A first complete catalog of highly expressed genes in eight chicken tissues reveals uncharacterized gene families specific for the chicken testis
Résumé
Based on next-generation sequencing, we established a repertoire of differentially overexpressed genes (DoEGs) in eight adult chicken tissues: the testis, brain, lung, liver, kidney, muscle, heart, and intestine. With 4,499 DoEGs, the testis had the highest number and proportion of DoEGs compared with the seven somatic tissues. The testis DoEG set included the highest proportion of long noncoding RNAs (lncRNAs; 1,851, representing 32% of the lncRNA genes in the whole genome) and the highest proportion of protein-coding genes (2,648, representing 14.7% of the protein-coding genes in the whole genome). The main significantly enriched Gene Ontology terms related to the protein-coding genes were "reproductive process," "tubulin binding," and "microtubule cytoskeleton." Using real-time quantitative reverse transcription-polymerase chain reaction, we confirmed the overexpression of genes that encode proteins already described in chicken sperm [such as calcium binding tyrosine phosphorylation regulated (CABYR), spermatogenesis associated 18 (SPATA18), and CDK5 regulatory subunit associated protein (CDK5RAP2)] but whose testis origin had not been previously confirmed. Moreover, we demonstrated the overexpression of vertebrate orthologs of testis genes not yet described in the adult chicken testis [such as NIMA related kinase 2 (NEK2), adenylate kinase 7 (AK7), and CCNE2]. Using clustering according to primary sequence homology, we found that 1,737 of the 2,648 (67%) testis protein-coding genes were unique genes.
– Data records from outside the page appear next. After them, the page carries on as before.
-- ===== src/Allocation.antt =====
-- The engine for licences that an external provider manages
-- (packages/database/src/domain/allocation-engine.ts).
pub mod Model
pub mod Requests
pub mod Review
pub mod Accounts
pub mod Reconcile
pub mod Seats
pub mod Outcome
pub mod Leave
pub mod Enter
pub mod Capacity
pub mod Calls
pub mod Lifecycle
pub mod Endings
pub mod Statuses
pub mod Settled
pub mod Truth
pub mod Secrets
pub mod Clean
pub mod Granted
mod Examples
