-- ===== src/Json.antt =====
-- JSON values, and assertSafeMetadata of packages/database/src/domain/allocation-engine.ts, which
-- refuses a value with a secret-like key at any depth.
pub mod Secrets
use d_n_i_p.Prelude.{
  ℕ, suc, ℤ, ◌+◌, ◌≡◌, refl, ◌↔◌, Bool, true, false, ◌||◌, Option, none, some, List, [], ◌∷◌, ◌++◌,
  arith, any, ◌==◌, if◌then◌else◌, Bool-cases,
}
use d_n_i_p.Text.{Text, codes, text_eq, lower_unit, includes}

-- `named n` is a text that the program only compares, such as an id.
mutual
  pub data Json : Type 0 where
    null : Json
    boolean : Bool → Json
    number : ℤ → Json
    string : Text → Json
    named : ℕ → Json
    array : Items → Json
    object : Fields → Json

  pub data Items : Type 0 where
    nil : Items
    cons : Json → Items → Items

  pub data Fields : Type 0 where
    end : Fields
    field : Text → Json → Fields → Fields

-- One property of a spread, `{ ...fs, k: v }`: an old key keeps its place.
unfoldable pub put : Text → Json → Fields → Fields
put k v end = field k v end
put k v (field j w fs) =
    let rest = put k v fs in if text_eq j k then field k v fs else field j w rest

-- `{ ...fs, ...gs }`
unfoldable pub spread : Fields → Fields → Fields
unfolding put
spread fs end = fs
spread fs (field k v gs) = spread (put k v fs) gs

-- FORBIDDEN_SECRET_PATTERNS
abbrev pub forbidden_secret_patterns : List Text
forbidden_secret_patterns =
    codes "password"
    ∷ codes "passwd"
    ∷ codes "secret"
    ∷ codes "token"
    ∷ codes "apikey"
    ∷ codes "accesstoken"
    ∷ codes "refreshtoken"
    ∷ codes "credential"
    ∷ codes "authorization"
    ∷ codes "privatekey"
    ∷ codes "clientsecret"
    ∷ []

-- `key.toLowerCase().replace(/[-_]/g, "")`
unfoldable pub normalize_key : Text → Text
unfolding lower_unit
normalize_key [] = []
normalize_key (c ∷ s) =
    let rest = normalize_key s in if c == b'-' || c == b'_' then rest else lower_unit c ++ rest

unfoldable pub is_forbidden : Text → Bool
unfolding includes normalize_key
is_forbidden k = any (λ w. includes w (normalize_key k)) forbidden_secret_patterns

pub data Segment : Type 0 where
  at_index : ℕ → Segment
  at_key : Text → Segment

-- The path of the first forbidden key, which the error names; none if the value is safe.
unfoldable mutual
  pub assert_safe : Json → List Segment → Option (List Segment)
  assert_safe (array xs) path = assert_items xs 0 path
  assert_safe (object fs) path = assert_fields fs path
  assert_safe _ path = none

  pub assert_items : Items → ℕ → List Segment → Option (List Segment)
  assert_items nil i path = none
  assert_items (cons x xs) i path = elim (assert_safe x (path ++ at_index i ∷ [])) [
    | some p ↦ some p
    | none ↦ assert_items xs (suc i) path
  ]

  pub assert_fields : Fields → List Segment → Option (List Segment)
  assert_fields end path = none
  assert_fields (field k v fs) path =
      if is_forbidden k
      then some (path ++ at_key k ∷ [])
      else elim (assert_safe v (path ++ at_key k ∷ [])) [
        | some p ↦ some p
        | none ↦ assert_fields fs path
      ]
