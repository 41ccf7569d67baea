-- ===== src/Tx.antt =====
-- Database transactions. An action reads and changes the state and may throw; `transaction` is
-- Prisma's `$transaction`, which commits what an action that returns has done, and rolls back
-- whatever an action that throws has done.
use d_n_i_p.Prelude.{◌≡◌, refl, ◌⊎◌, inl, inr, Bool, true, false, Option, none, some, arith}

pub data Result {ℓ} (E A : Type ℓ) : Type ℓ where
  ok : A → Result E A
  err : E → Result E A

abbrev pub Tx : Type 0 → Type 0 → Type 0 → Type 0
Tx S E A = S → Result E (A × S)

module _ {S E : Type 0} where
  infixl 5 ◌>>=◌ ◌>>◌
  abbrev pub ◌>>=◌ : {A B : Type 0} → Tx S E A → (A → Tx S E B) → Tx S E B
  ◌>>=◌ m f s = elim (m s) [ ok (a, s') ↦ f a s' | err e ↦ err e ]

  abbrev pub ◌>>◌ : {B : Type 0} → Tx S E (Unit {0}) → Tx S E B → Tx S E B
  m >> k = m >>= λ _. k

  abbrev pub pure : {A : Type 0} → A → Tx S E A
  pure a s = ok (a, s)

  abbrev pub throw : {A : Type 0} → E → Tx S E A
  throw e s = err e

  abbrev pub gets : {A : Type 0} → (S → A) → Tx S E A
  gets f s = ok (f s, s)

  abbrev pub modify : (S → S) → Tx S E (Unit {0})
  modify f s = ok (tt, f s)

  -- `if (!b) throw e`
  abbrev pub check : Bool → E → Tx S E (Unit {0})
  check true e s = ok (tt, s)
  check false e s = err e

  -- The value of a query that must have found a row.
  abbrev pub found : {A : Type 0} → Option A → E → Tx S E A
  found none e s = err e
  found (some a) e s = ok (a, s)

  abbrev commit : {A : Type 0} → S → Result E (A × S) → Result E A × S
  commit s (ok (a, s')) = (ok a, s')
  commit s (err e) = (err e, s)

  unfoldable pub transaction : {A : Type 0} → Tx S E A → S → Result E A × S
  transaction m s = commit s (m s)

  -- A transaction that throws leaves the database as it was.
  pub transaction_rollback :
      {A : Type 0} (m : Tx S E A) (s : S) (e : E)
      → (transaction m s).0 ≡ err e
      → (transaction m s).1 ≡ s
  unfolding transaction
  transaction_rollback m s e h = ground arith

  -- What holds before, and after each return of the action, holds after the transaction.
  pub transaction_keeps :
      {A : Type 0} (P : S → Type 0) (m : Tx S E A) (s : S)
      → P s
      → ((a : A) (s' : S) → m s ≡ ok (a, s') → P s')
      → P (transaction m s).1
  unfolding transaction
  transaction_keeps {A} P m s h k = go (m s) refl
    where
      go : (r : Result E (A × S)) → m s ≡ r → P (commit s r).1
      go (ok (a, s')) e = k a s' e
      go (err e') e = h

  -- What a transaction that returned has committed.
  pub transaction-eq-ok :
      {A : Type 0} (m : Tx S E A) (s : S) (a : A)
      → (transaction m s).0 ≡ ok a
      → (s' : S) × (m s ≡ ok (a, s')) × ((transaction m s).1 ≡ s')
  unfolding transaction
  transaction-eq-ok {A} m s a h = go (m s) h
    where
      go :
          (r : Result E (A × S))
          → (commit s r).0 ≡ ok a
          → (s' : S) × (r ≡ ok (a, s')) × ((commit s r).1 ≡ s')
      go (ok (b, s')) e = (s', cc, refl)
      go (err e') e = absurd (ground arith)

  pub transaction-of-ok :
      {A : Type 0} (m : Tx S E A) (s s' : S) (a : A)
      → m s ≡ ok (a, s')
      → transaction m s ≡ (ok a, s')
  unfolding transaction
  transaction-of-ok m s s' a h = rw (h, transaction)

  pub transaction-of-err :
      {A : Type 0} (m : Tx S E A) (s : S) (e : E) → m s ≡ err e → transaction m s ≡ (err e, s)
  unfolding transaction
  transaction-of-err m s e h = rw (h, transaction)

  pub transaction-eq-err :
      {A : Type 0} (m : Tx S E A) (s : S) (e : E) → (transaction m s).0 ≡ err e → m s ≡ err e
  unfolding transaction
  transaction-eq-err {A} m s e h = go (m s) h
    where
      go : (r : Result E (A × S)) → (commit s r).0 ≡ err e → r ≡ err e
      go (ok (b, s')) e = absurd (ground arith)
      go (err e') e = ground arith

  -- An action that returned has returned in each of its parts.
  pub bind-ok :
      {A B : Type 0} (m : Tx S E A) (f : A → Tx S E B) (s : S) (b : B) (s' : S)
      → (m >>= f) s ≡ ok (b, s')
      → (a : A) × (t : S) × (m s ≡ ok (a, t)) × (f a t ≡ ok (b, s'))
  bind-ok {A} {B} m f s b s' h = go (m s) refl h
    where
      go :
          (r : Result E (A × S))
          → m s ≡ r
          → (elim r [ ok (a, t) ↦ f a t | err e ↦ err e ]) ≡ ok (b, s')
          → (a : A) × (t : S) × (m s ≡ ok (a, t)) × (f a t ≡ ok (b, s'))
      go (ok (a, t)) e k = (a, t, e, k)
      go (err x) e k = absurd (ground arith)

  -- An action throws or returns.
  pub run-cases :
      {A : Type 0} (r : Result E (A × S))
      → ((e : E) × (r ≡ err e)) ⊎ ((a : A) × (s' : S) × (r ≡ ok (a, s')))
  run-cases (err e) = inl (e, refl)
  run-cases (ok (a, s')) = inr (a, s', refl)

pub result-cases :
    {E A : Type 0} (r : Result E A) → ((e : E) × (r ≡ err e)) ⊎ ((a : A) × (r ≡ ok a))
result-cases (err e) = inl (e, refl)
result-cases (ok a) = inr (a, refl)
This proportion was significantly higher than the somatic tissues except muscle. We clustered the other 911 testis protein-coding genes into 495 families, from which 47 had all paralogs overexpressed in the testis. Among these 47 testis-specific families, eight contained uncharacterized duplicated paralogs without orthologs in other metazoans except birds: these families are thus specific for chickens/birds.